Do you have eyelets on the bucket now? 

 How about adding forks to it, and putting the splits on pallets to move around?
Start stacking your splits for '12-13 on pallets, so you can bring the pallet to your
splitting area, stack it, move it back/around until seasoned, to the wood shed,
then to the porch/week storage area.
  When the pallet gets too beat up, great kindling!


----------



## Ducati996 (Jan 1, 2010)

IPLUMB said:
			
		

> Guys that haul Firewood with your loader bucket. How or what do you use to extend it to haul more wood? just getting new ideas. Pictures please. Thanks



This might be a little overkill but if you are looking to move lots of wood, having a large tractor, dump truck and a few other goodies come in handy -


----------



## Ducati996 (Jan 1, 2010)

Monkey Wrench said:
			
		

> IPLUMB said:
> 
> 
> 
> ...




Markham is a wonderful company to deal with - with a great reputation....its no accident
they are listed as a sponsor on the following site as well as the below forum is on their site.

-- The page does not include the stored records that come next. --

-- ===== src/Api/Cache.antt =====
-- What the success of a mutation makes stale. The matching of keys is that of
-- @tanstack/react-query, a parameter: a key matches every key that begins with it.
use mathlib.Core.Path.{subst}
use text.Mathlib.TextEquality.{eq_iff}
use haul.Base.{
  ℕ, ◌≡◌, refl, sym, ap, ◌∙◌, Bool, true, false, List, [], ◌∷◌, ◌++◌, any, String, str_eq, arith,
}
use haul.Api.Types.{Key, part, Query, Mutation}
use haul.Api.Torrents
use haul.Api.Admin
use haul.Api.Admin.{Targets, CleanupMode, HistoryFilter}

pub record Matching : Type 0 where
  pub matches : Key → Key → Bool
  pub matches-append : (k rest : Key) → matches k (k ++ rest) ≡ true

-- Every hook that changes torrents on the server or their trackers. A reannouncement changes no record,
-- and its hook makes nothing stale. `remove_tracker` has `encodeURIComponent` with it.
pub data Change : Type 0 where
  add : Torrents.AddBody → Change
  remove : String → Bool → Change
  pause resume force_start recheck research : String → Change
  reorder : List String → Change
  set_priority : String → ℕ → Change
  set_category set_location : String → String → Change
  add_tags remove_tags : String → List String → Change
  cleanup : String → Targets → CleanupMode → Change
  restore : ℕ → Change
  add_trackers : String → List String → Change
  remove_tracker : (String → String) → String → String → Change

unfoldable pub change : Change → Mutation
change (add body) = Torrents.use_add_torrent body
change (remove hash with_data) = Torrents.use_delete_torrent hash with_data
change (pause hash) = Torrents.use_pause_torrent hash
change (resume hash) = Torrents.use_resume_torrent hash
change (force_start hash) = Torrents.use_force_start_torrent hash
change (recheck hash) = Torrents.use_recheck_torrent hash
change (research hash) = Torrents.use_research_torrent hash
change (reorder order) = Torrents.use_reorder_torrents order
change (set_priority hash n) = Torrents.use_set_torrent_priority hash n
change (set_category hash c) = Torrents.use_set_torrent_category hash c
change (set_location hash p) = Torrents.use_set_torrent_location hash p
change (add_tags hash tags) = Torrents.use_add_torrent_tags hash tags
change (remove_tags hash tags) = Torrents.use_remove_torrent_tags hash tags
change (cleanup name targets mode) = Admin.use_cleanup_diagnostic name targets mode
change (restore id) = Admin.use_restore_cleanup_history id
change (add_trackers hash urls) = Torrents.use_add_trackers hash urls
change (remove_tracker encode hash url) = Torrents.use_remove_tracker encode hash url

-- Every query on torrents.
pub data View : Type 0 where
  list : View
  one : String → Bool → View
  file_list peers pieces trackers stall : String → View

unfoldable pub view : View → Query
view list = Torrents.use_torrents
view (one hash detail) = Torrents.use_torrent hash detail
view (file_list hash) = Torrents.use_torrent_files hash
view (peers hash) = Torrents.use_torrent_peers hash
view (pieces hash) = Torrents.use_torrent_pieces hash
view (trackers hash) = Torrents.use_torrent_trackers hash
view (stall hash) = Torrents.use_torrent_stall hash

-- The views that show what a change changes: those on trackers change the trackers of one torrent, and
-- every other one may change all views.
abbrev pub is_trackers : String → View → Bool
is_trackers hash (trackers h) = str_eq hash h
is_trackers hash _ = false

abbrev pub touched : Change → View → Bool
touched (add_trackers hash urls) v = is_trackers hash v
touched (remove_tracker encode hash url) v = is_trackers hash v
touched _ v = true

module _ (qc : Matching) where
  unfoldable pub goes_stale : Mutation → Query → Bool
  goes_stale m q = any (λ k. qc.matches k q.key) m.stale

  pub view-matches : (v : View) → qc.matches (part "torrents" ∷ []) (view v).key ≡ true
  unfolding view Torrents.use_torrents Torrents.use_torrent Torrents.use_torrent_files
      Torrents.use_torrent_peers Torrents.use_torrent_pieces Torrents.use_torrent_trackers
      Torrents.use_torrent_stall
  view-matches list = qc.matches-append (part "torrents" ∷ []) []
  view-matches (one hash detail) = qc.matches-append (part "torrents" ∷ []) (part hash ∷ [])
  view-matches (file_list hash) =
      qc.matches-append (part "torrents" ∷ []) (part hash ∷ part "files" ∷ [])
  view-matches (peers hash) =
      qc.matches-append (part "torrents" ∷ []) (part hash ∷ part "peers" ∷ [])
  view-matches (pieces hash) =
      qc.matches-append (part "torrents" ∷ []) (part hash ∷ part "pieces" ∷ [])
  view-matches (trackers hash) =
      qc.matches-append (part "torrents" ∷ []) (part hash ∷ part "trackers" ∷ [])
  view-matches (stall hash) =
      qc.matches-append (part "torrents" ∷ []) (part hash ∷ part "stall" ∷ [])

  stale-first :
      (m : Mutation) (rest : List Key) (v : View)
      → m.stale ≡ (part "torrents" ∷ []) ∷ rest
      → goes_stale m (view v) ≡ true
  unfolding goes_stale
  stale-first m rest v e = let h = view-matches v in grind arith

  stale-third :
      (m : Mutation) (a b : Key) (v : View)
      → m.stale ≡ a ∷ b ∷ (part "torrents" ∷ []) ∷ []
      → goes_stale m (view v) ≡ true
  unfolding goes_stale
  stale-third m a b v e = let h = view-matches v in grind arith

  stale-trackers :
      (m : Mutation) (hash : String) (v : View)
      → m.stale ≡ (part "torrents" ∷ part hash ∷ part "trackers" ∷ []) ∷ []
      → is_trackers hash v ≡ true
      → goes_stale m (view v) ≡ true
  unfolding goes_stale view Torrents.use_torrent_trackers
  stale-trackers m hash (trackers h) e t =
      let same =
        ap (λ x. (part "torrents" ∷ part x ∷ part "trackers" ∷ []) ∷ []) ((eq_iff hash h).0 t) in
      let k = qc.matches-append (part "torrents" ∷ part h ∷ part "trackers" ∷ []) [] in
      subst
        (λ ks. any (λ l. qc.matches l (part "torrents" ∷ part h ∷ part "trackers" ∷ [])) ks ≡ true)
        (sym (e ∙ same)) (rw k refl)
  stale-trackers m hash _ e t = ground arith

  -- Every change of torrents or of their trackers, once the server has accepted it, makes every query
  -- stale that shows what it changes: adding and removing trackers that on the trackers of the torrent,
  -- every other change the list and, of each torrent, its detail, files, peers, pieces, trackers and
  -- stall.
  pub goes_stale-change :
      (c : Change) (v : View) → touched c v ≡ true → goes_stale (change c) (view v) ≡ true
  unfolding change Torrents.use_add_torrent Torrents.use_delete_torrent Torrents.use_pause_torrent
      Torrents.use_resume_torrent Torrents.use_force_start_torrent Torrents.use_recheck_torrent
      Torrents.use_research_torrent Torrents.use_reorder_torrents Torrents.use_set_torrent_priority
      Torrents.use_set_torrent_category Torrents.use_set_torrent_location
      Torrents.use_add_torrent_tags Torrents.use_remove_torrent_tags Admin.use_cleanup_diagnostic
      Admin.use_restore_cleanup_history Torrents.use_add_trackers Torrents.use_remove_tracker
  goes_stale-change (add body) v t = stale-first (change (add body)) _ v refl
  goes_stale-change (remove hash with_data) v t =
      stale-first (change (remove hash with_data)) _ v refl
  goes_stale-change (pause hash) v t = stale-first (change (pause hash)) _ v refl
  goes_stale-change (resume hash) v t = stale-first (change (resume hash)) _ v refl
  goes_stale-change (force_start hash) v t = stale-first (change (force_start hash)) _ v refl
  goes_stale-change (recheck hash) v t = stale-first (change (recheck hash)) _ v refl
  goes_stale-change (research hash) v t = stale-first (change (research hash)) _ v refl
  goes_stale-change (reorder order) v t = stale-first (change (reorder order)) _ v refl
  goes_stale-change (set_priority hash n) v t = stale-first (change (set_priority hash n)) _ v refl
  goes_stale-change (set_category hash c) v t = stale-first (change (set_category hash c)) _ v refl
  goes_stale-change (set_location hash p) v t = stale-first (change (set_location hash p)) _ v refl
  goes_stale-change (add_tags hash tags) v t = stale-first (change (add_tags hash tags)) _ v refl
  goes_stale-change (remove_tags hash tags) v t =
      stale-first (change (remove_tags hash tags)) _ v refl
  goes_stale-change (cleanup name targets mode) v t =
      stale-third (change (cleanup name targets mode)) _ _ v refl
  goes_stale-change (restore id) v t = stale-third (change (restore id)) _ _ v refl
  goes_stale-change (add_trackers hash urls) v t =
      stale-trackers (change (add_trackers hash urls)) hash v refl t
  goes_stale-change (remove_tracker encode hash url) v t =
      stale-trackers (change (remove_tracker encode hash url)) hash v refl t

www.machineunderground.com


----------



## Manatarms (Jan 5, 2010)

IPLUMB said:
			
		

> Guys that haul Firewood with your loader bucket. How or what do you use to extend it to haul more wood? just getting new ideas. Pictures please. Thanks



I'm not using anything other than the loader bucket, but my bucket is 84" and I just heap it in.  

Ducati996...just curious about your grapple...can you grab a load of split wood with that grapple, or will it fall out/get stuck in between the tines?  I'm thinking of getting one for my M59 to move log length wood, bucked logs and split wood.

-mark


----------



## Danno77 (Jan 5, 2010)

i don't get to use such cool equipment for my wood ventures, but my dad has those fork lifts for his loader. you just drive right into them and crank down with some handles. I would think you could buy a sheet of plywood and cut to the size of your bucket and throw that right in there.


----------



## Ducati996 (Jan 5, 2010)

Manatarms said:
			
		

> IPLUMB said:
> 
> 
> 
> ...



Great question and something I rectified after owning it and using it on splits. I had someone close up some of the gaps and add reverse angle teeth on ends for better grip on logs. When you order a grapple -regardless from whom, its very easy to have it specified to your specific needs. 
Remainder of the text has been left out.